For each voltage range, the calibrator supplies the meter with an
AC voltage which is appropriate for that range. The calibrator then
reads the voltage applied to the meter using a DVM, and also reads
the voltage as measured by the meter. The difference in these
readings is analyzed, and a correction factor is calculated and
sent to the meter. For each range, this process is repeated until
the meter and the DVM measurements agree. The value of the
correction factor (the Voltage Calibration Constant) is then
permanently stored in the non-volatile memory of the meter.
[0225] KWH calibration: the meter must measure energy in KWH. In
order to do this accurately, the external quantities of voltage and
current must be accurately measured so that KWH can be calculated.
The KWH measurement depends on the value of the voltage and the
current, and the timing relationship between the voltage and the
current. The equation for KWH is Volts*Amps*Cos(Theta)*Hours, where
Theta is the phase angle between the voltage and the current. The
meter performs this measurement by sampling the voltage and the
current simultaneously, then processing these instantaneous
values.
[0226] Various errors can occur due to the reasons listed above.
For this measurement, it is not only necessary to correct any
errors in the values of the measured voltage and current, it is
also necessary to correct for any error in the time relationship of
these measurements. The meter has 20 ranges for current, from range
23 at 0.5 amps to range 4 at 100 amps. For each range, the internal
configuration of the ASIC amplifiers is different, and the CT
introduces current-dependent errors in both amplitude and delay.

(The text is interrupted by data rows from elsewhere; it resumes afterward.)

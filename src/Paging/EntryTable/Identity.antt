-- ===== src/Paging/EntryTable/Identity.antt =====
-- What the page tables of kern/entrypgdir.c map, under check_va2pa.
use tp_prom.Prelude.{
  ℕ, zero, suc, ◌+◌, ◌-◌, ◌*◌, ◌/◌, ◌%◌, ◌^◌, ◌≤◌, ◌<◌, ◌≡◌, refl, ap, Bool, true, some, ◌&&◌, List,
  [], ◌∷◌, length, get_or, ◌==◌, ltb, leb, if◌then◌else◌, ℕ_discrete, ◌≢◌, sym, arith, ◌⊎◌, ◌∙◌,
  inl, inr,
}
use tp_prom.Paging.Address.{rounddown, entry_address, word, kernbase, directory_index, table_index}
use tp_prom.Paging.Physical.{kaddr}
use tp_prom.Paging.Walk.{Words, unmapped, at_index, check_va2pa}
use tp_prom.Paging.EntryTable.{entry_pgtable, entry_pgdir}

-- Each entry is that of its own page, from page `i` on.
is_identity : ℕ → List ℕ → Bool
is_identity i [] = true
is_identity i (e ∷ es) = e == i * 4096 + 3 && is_identity (i + 1) es

is_identity_sound :
    (es : List ℕ) (i j : ℕ)
    → is_identity i es ≡ true
    → j < length es
    → get_or es j 0 ≡ (i + j) * 4096 + 3
unfolding is_identity
is_identity_sound [] i j h lt = absurd (omega arith)
is_identity_sound (e ∷ es) i zero h lt = ground arith
is_identity_sound (e ∷ es) i (suc j) h lt = ground (arith, is_identity_sound es (i + 1) j)

entry_pgtable-is_identity : (is_identity 0 entry_pgtable ≡ true) × (length entry_pgtable ≡ 1024)
unfolding is_identity entry_pgtable
entry_pgtable-is_identity = (refl, refl)

entry_pgtable_lem : (i : ℕ) → i < 1024 → get_or entry_pgtable i 0 ≡ i * 4096 + 3
entry_pgtable_lem i h =
    let (ordered, size) = entry_pgtable-is_identity in
    omega (arith, is_identity_sound entry_pgtable 0 i ordered (omega (arith, size)))

-- A page directory that lies at `pgdir` is `entry_pgdir`, with the page table `entry_pgtable` linked
-- at `table`, in the memory that KADDR reaches.
pub record Loaded (npages : ℕ) (mem : Words) (pgdir : ℕ) (table : ℕ) : Type 0 where
  pub directory : (i : ℕ) → i < 1024 → at_index mem pgdir i ≡ entry_pgdir table i
  pub entries : (i : ℕ) → i < 1024 → at_index mem table i ≡ get_or entry_pgtable i 0
  pub aligned : table % 4096 ≡ 0
  pub above : kernbase ≤ table
  pub below : table < word
  pub inside : (table - kernbase) / 4096 < npages

-- The translation that the directory stands for.
abbrev pub entry_map : ℕ → ℕ
entry_map va =
    if ltb va (2 ^ 22)
    then rounddown va 4096
    else if leb kernbase va && ltb va (kernbase + 2 ^ 22)
    then rounddown (va - kernbase) 4096
    else unmapped

module _ (npages : ℕ) (mem : Words) (pgdir table : ℕ) (l : Loaded npages mem pgdir table) where
  kaddr-table : (a : ℕ) → a ≡ table - kernbase → kaddr npages a ≡ some table
  unfolding kaddr
  kaddr-table a e =
      let above = l.above in
      let below = l.below in let inside = l.inside in ground (arith, e, above, below, inside)

  -- Behind an entry that points to the table.
  through_table :
      (va pde : ℕ)
      → at_index mem pgdir (directory_index va) ≡ pde
      → (pde ≡ table - kernbase + 1) ⊎ (pde ≡ table - kernbase + 3)
      → check_va2pa npages mem pgdir va ≡ some (table_index va * 4096)
  unfolding check_va2pa
  through_table va pde h shape =
      let aligned = l.aligned in
      let above = l.above in
      let bit : pde % 2 ≡ 1 = elim shape [
        | inl e ↦ omega (arith, e, aligned, above)
        | inr e ↦ omega (arith, e, aligned, above)
      ] in
      let small : pde / 2 ^ 7 % 2 ≡ 0 = elim shape [
        | inl e ↦ omega (arith, e, aligned, above)
        | inr e ↦ omega (arith, e, aligned, above)
      ] in
      let address : pde - pde % 4096 ≡ table - kernbase = elim shape [
        | inl e ↦ omega (arith, e, aligned, above)
        | inr e ↦ omega (arith, e, aligned, above)
      ] in
      let near : table_index va < 1024 = omega arith in
      let entry : at_index mem table (table_index va) ≡ table_index va * 4096 + 3 =
        l.entries (table_index va) near ∙ entry_pgtable_lem (table_index va) near in
      let odd : (table_index va * 4096 + 3) % 2 ≡ 1 = omega arith in
      let found = kaddr-table (entry_address pde) address in
      rw (h, bit, small, found, entry, odd) (ap some (omega arith))

  -- Elsewhere the entries of the directory are 0.
  through_nothing :
      (va : ℕ)
      → at_index mem pgdir (directory_index va) ≡ 0
      → check_va2pa npages mem pgdir va ≡ some unmapped
  unfolding check_va2pa
  through_nothing va h = rw h refl

entry_map-low : (va : ℕ) → directory_index va ≡ 0 → va < word → entry_map va ≡ table_index va * 4096
unfolding rounddown
entry_map-low va e h = ground arith

entry_map-high :
    (va : ℕ) → directory_index va ≡ 960 → va < word → entry_map va ≡ table_index va * 4096
unfolding rounddown
entry_map-high va e h = ground arith

entry_map-else :
    (va : ℕ)
    → directory_index va ≢ 0
    → directory_index va ≢ 960
    → va < word
    → entry_map va ≡ unmapped
entry_map-else va low high h = ground arith

entry_pgdir-high : (table d : ℕ) → d ≡ 960 → entry_pgdir table d ≡ table - kernbase + 3
unfolding entry_pgdir
entry_pgdir-high table d high = ground arith

entry_pgdir-else : (table d : ℕ) → d ≢ 0 → d ≢ 960 → entry_pgdir table d ≡ 0
unfolding entry_pgdir
entry_pgdir-else table d low high = ground arith

-- Where the entry page directory and table are loaded, every address of 32 bits below 4 MB is
-- translated to its own page, an address less than 4 MB above KERNBASE to the page of its distance
-- from KERNBASE, and nothing else is mapped.
pub check_va2pa-entry_map :
    (npages : ℕ) (mem : Words) (pgdir table va : ℕ)
    → Loaded npages mem pgdir table
    → va < word
    → check_va2pa npages mem pgdir va ≡ some (entry_map va)
unfolding entry_pgdir
check_va2pa-entry_map npages mem pgdir table va l h =
    let d = directory_index va in
    let at = l.directory d (omega arith) in
    elim (ℕ_discrete d 0) [
      | yes low ↦
          through_table npages mem pgdir table l va (entry_pgdir table d) at
            (inl (ap (entry_pgdir table) low))
          ∙ ap some (sym (entry_map-low va low h))
      | no low ↦ elim (ℕ_discrete d 960) [
        | yes high ↦
            through_table npages mem pgdir table l va (entry_pgdir table d) at
              (inr (entry_pgdir-high table d high))
            ∙ ap some (sym (entry_map-high va high h))
        | no high ↦
            through_nothing npages mem pgdir table l va (at ∙ entry_pgdir-else table d low high)
            ∙ ap some (sym (entry_map-else va low high h))
      ]
    ]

Therefore, the calibrator repeats the KWH calibration for each
range.
[0227] Amplitude compensation: any error in the actual value
measured for voltage and current is compensated for by using an
"Amplitude" (A) calibration constant. This constant is a factor by
which the readings are multiplied, to make the measured value
correct.
[0228] Delay compensation: the time relationship between the
voltage and the current signals may be incorrect due to amplifier
characteristics in the ASIC, or due to the characteristics of the
current transformers (CTs). In particular the CTs introduce a
current-dependent phase shift which becomes greater and greater at
low currents. This results in the current signal not being properly
synchronized with the voltage signal. This error results in errors
in the KWH measurement due to the change in theta caused by this
time shift.
[0229] Any error in the time relationship between the voltage and
the current measurement is compensated for by instructing the ASIC
to sample the current either before or after the ASIC samples the
voltage. This time-delay between the samples is adjusted to exactly
cancel the time-delay caused by the measurement circuitry. This is
referred to as the "Delay" (D) calibration constant.

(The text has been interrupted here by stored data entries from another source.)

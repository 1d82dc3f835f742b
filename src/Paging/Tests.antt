-- ===== src/Paging/Tests.antt =====
-- Tests of addresses and page tables.
use tp_prom.Prelude.{
  ◌+◌, ◌-◌, ◌*◌, ◌%◌, ◌/◌, ◌≡◌, refl, some, true, false, ltb, leb, ◌&&◌, if◌then◌else◌, get_or,
  arith,
}
use tp_prom.Paging.Address.{word}
use tp_prom.Paging.Walk.{Words, check_va2pa}
use tp_prom.Paging.EntryTable.{entry_pgdir, entry_pgtable}
use tp_prom.Paging.EntryTable.Identity.{Loaded, entry_map, check_va2pa-entry_map}

-- The directory at KERNBASE + 0x2000, and the table behind it.
abbrev boot_memory : Words
boot_memory a =
    if leb 0xf0002000 a && ltb a 0xf0003000
    then entry_pgdir 0xf0003000 ((a - 0xf0002000) / 4)
    else if leb 0xf0003000 a && ltb a 0xf0004000
    then get_or entry_pgtable ((a - 0xf0003000) / 4) 0
    else 0

boot_memory-Loaded : Loaded 1024 boot_memory 0xf0002000 0xf0003000
boot_memory-Loaded = record {
  directory = λ i h.
      let low : leb 0xf0002000 ((0xf0002000 + 4 * i) % word) ≡ true = ground arith in
      let high : ltb ((0xf0002000 + 4 * i) % word) 0xf0003000 ≡ true = ground arith in
      let index : ((0xf0002000 + 4 * i) % word - 0xf0002000) / 4 ≡ i = omega arith in
      rw (low, high, index) refl;
  entries = λ i h.
      let outside : ltb ((0xf0003000 + 4 * i) % word) 0xf0003000 ≡ false = ground arith in
      let before : leb 0xf0002000 ((0xf0003000 + 4 * i) % word) ≡ true = ground arith in
      let low : leb 0xf0003000 ((0xf0003000 + 4 * i) % word) ≡ true = ground arith in
      let high : ltb ((0xf0003000 + 4 * i) % word) 0xf0004000 ≡ true = ground arith in
      let index : ((0xf0003000 + 4 * i) % word - 0xf0003000) / 4 ≡ i = omega arith in
      rw (outside, before, low, high, index) refl;
  aligned = refl;
  above = omega arith;
  below = omega arith;
  inside = omega arith;
}

check_va2pa-entry_map_example :
    check_va2pa 1024 boot_memory 0xf0002000 0xf0123456 ≡ some (entry_map 0xf0123456)
check_va2pa-entry_map_example =
    check_va2pa-entry_map 1024 boot_memory 0xf0002000 0xf0003000 0xf0123456 boot_memory-Loaded
      (omega arith)
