-- ===== src/Readline.antt =====
-- lib/readline.c: a line of input, with its editing and its echo. What readline writes is the list
-- of the characters that it gives to cputchar.
pub mod Edit
pub mod Plain
mod Tests
use tp_prom.Prelude.{
  ℕ, ◌+◌, ◌-◌, ◌%◌, Bool, true, ◌&&◌, ◌||◌, Option, none, some, List, [], ◌∷◌, ◌++◌, ◌==◌, ltb, leb,
  set, if◌then◌else◌,
}
use tp_prom.Prelude.Int.{ℤ, pos, negsuc}
use tp_prom.Format.Flags.{Arg, word, text}
use tp_prom.Format.Print.{print}

-- BUFLEN
abbrev pub buffer_length : ℕ
buffer_length = 1024

abbrev pub iscons : ℕ → Bool
iscons fdnum = true

-- `buf`, `i` and what is written so far.
pub record Line : Type 0 where
  pub buf : List ℕ
  pub i : ℕ
  pub out : List ℕ

-- After the characters of the input: `buf` is returned, or NULL, or readline waits for more.
pub data Result : Type 0 where
  returned : List ℕ → List ℕ → Result
  failed : Option (List ℕ) → Result
  waiting : Line → Result

-- What cprintf writes for a format without its NUL; `none` if it does not end.
abbrev pub followed_by : List ℕ → Option (List ℕ) → Option (List ℕ)
followed_by front none = none
followed_by front (some l) = some (front ++ l)

abbrev pub echo : Bool → ℕ → List ℕ → List ℕ
echo echoing c out = if echoing then out ++ (c ∷ []) else out

abbrev pub erase : Bool → Line → Line
erase echoing l = record { buf = l.buf; i = l.i - 1; out = echo echoing 8 l.out }

abbrev pub append : Bool → ℕ → Line → Line
append echoing c l = record {
  buf = set l.buf l.i (c % 256);
  i = l.i + 1;
  out = echo echoing c l.out;
}

-- The format "read error: %e\n".
abbrev pub read_error : List ℕ
read_error =
    b'r' ∷ b'e' ∷ b'a' ∷ b'd' ∷ b' ' ∷ b'e' ∷ b'r' ∷ b'r' ∷ b'o' ∷ b'r' ∷ b':' ∷ b' ' ∷ b'%' ∷ b'e'
    ∷ 10 ∷ []

-- The loop; the list holds what getchar returns.
unfoldable pub read_loop : Bool → List ℤ → Line → Result
read_loop echoing [] l = waiting l
read_loop echoing (negsuc n ∷ cs) l =
    failed (followed_by l.out (print read_error (word (4294967295 - n) ∷ [])))
read_loop echoing (pos c ∷ cs) l =
    let next =
      if (c == 8 || c == 127) && ltb 0 l.i
      then erase echoing l
      else if leb 32 c && ltb l.i (buffer_length - 1)
      then append echoing c l
      else l in
    let rest = read_loop echoing cs next in
    if (c == 8 || c == 127) && ltb 0 l.i
    then rest
    else if leb 32 c && ltb l.i (buffer_length - 1)
    then rest
    else if c == 10 || c == 13
    then returned (set l.buf l.i 0) (echo echoing 10 l.out)
    else rest

-- `buf` is static: it holds what the last call left there. The prompt, if there is one, is a string
-- without its NUL.
unfoldable pub readline : List ℕ → Option (List ℕ) → List ℤ → Result
readline buf prompt input =
    read_loop (iscons 0) input
      (record { buf = buf; i = 0; out = elim prompt [ none ↦ [] | some p ↦ p ] })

[0230] KWH calibration algorithm: for each of the 20 current
ranges, the calibrator sets up a specified voltage and current.
This voltage and current are supplied to the meter being
calibrated, and also to a KWH standard (Radian RM-10, +/-0.05%).
The calibrator cannot directly measure the quantities that it needs
to communicate to the meter (amplitude and delay error). Instead,
the calibrator measures the actual error in KWH registration. This
error is caused by the combination of the amplitude error and the
delay error. The calibrator does this measurement by supplying the
specified current and voltage to the meter and to the standard,
then measuring the accumulated KWH for a specified time interval.
The difference between the standard and the meter measurements is
the KWH error.
[0231] In order to separate the contributions of the amplitude
error and the delay error to the total error, the calibrator
performs the KWH test twice. In the first test, theta is set to 60
degrees, and the KWH error is measured and saved. Then, the test is
repeated at 0 degrees.
[0232] Because the slope of the cosine is nearly flat around 0
degrees and quite steep at 60 degrees, the contribution of the
delay (timing) error is very small at 0 degrees, and much larger at
60 degrees. The contribution of the amplitude (value) error is the
same at either 0 or 60 degrees. Therefore, with these 2
measurements, the calibrator can solve for the 2 independent error
sources (amplitude and delay).
[0233] After the calibrator does these measurements and makes these
calculations, the calibrator instructs the meter to compensate for
these errors.
[0234] This entire process is then repeated, until the measurements
at both 0 and 60 degrees are within specification. The calibration
constants are then stored in the meter's non-volatile memory.
[0235] Interval Metering
[0236] Interval metering stores independent records of metering
data for future recall. Electrical parameters are continuously
accumulated into battery-backed RAM and then periodically stored to
non-volatile FLASH memory. For example, if the metering interval
were set to 30 minutes, there would be 48 records of data in the
day. Table 6 below, illustrating interval storage, is an example of
data storage using Interval Metering. Interval Metering can be
particularly useful in calculating billing demand.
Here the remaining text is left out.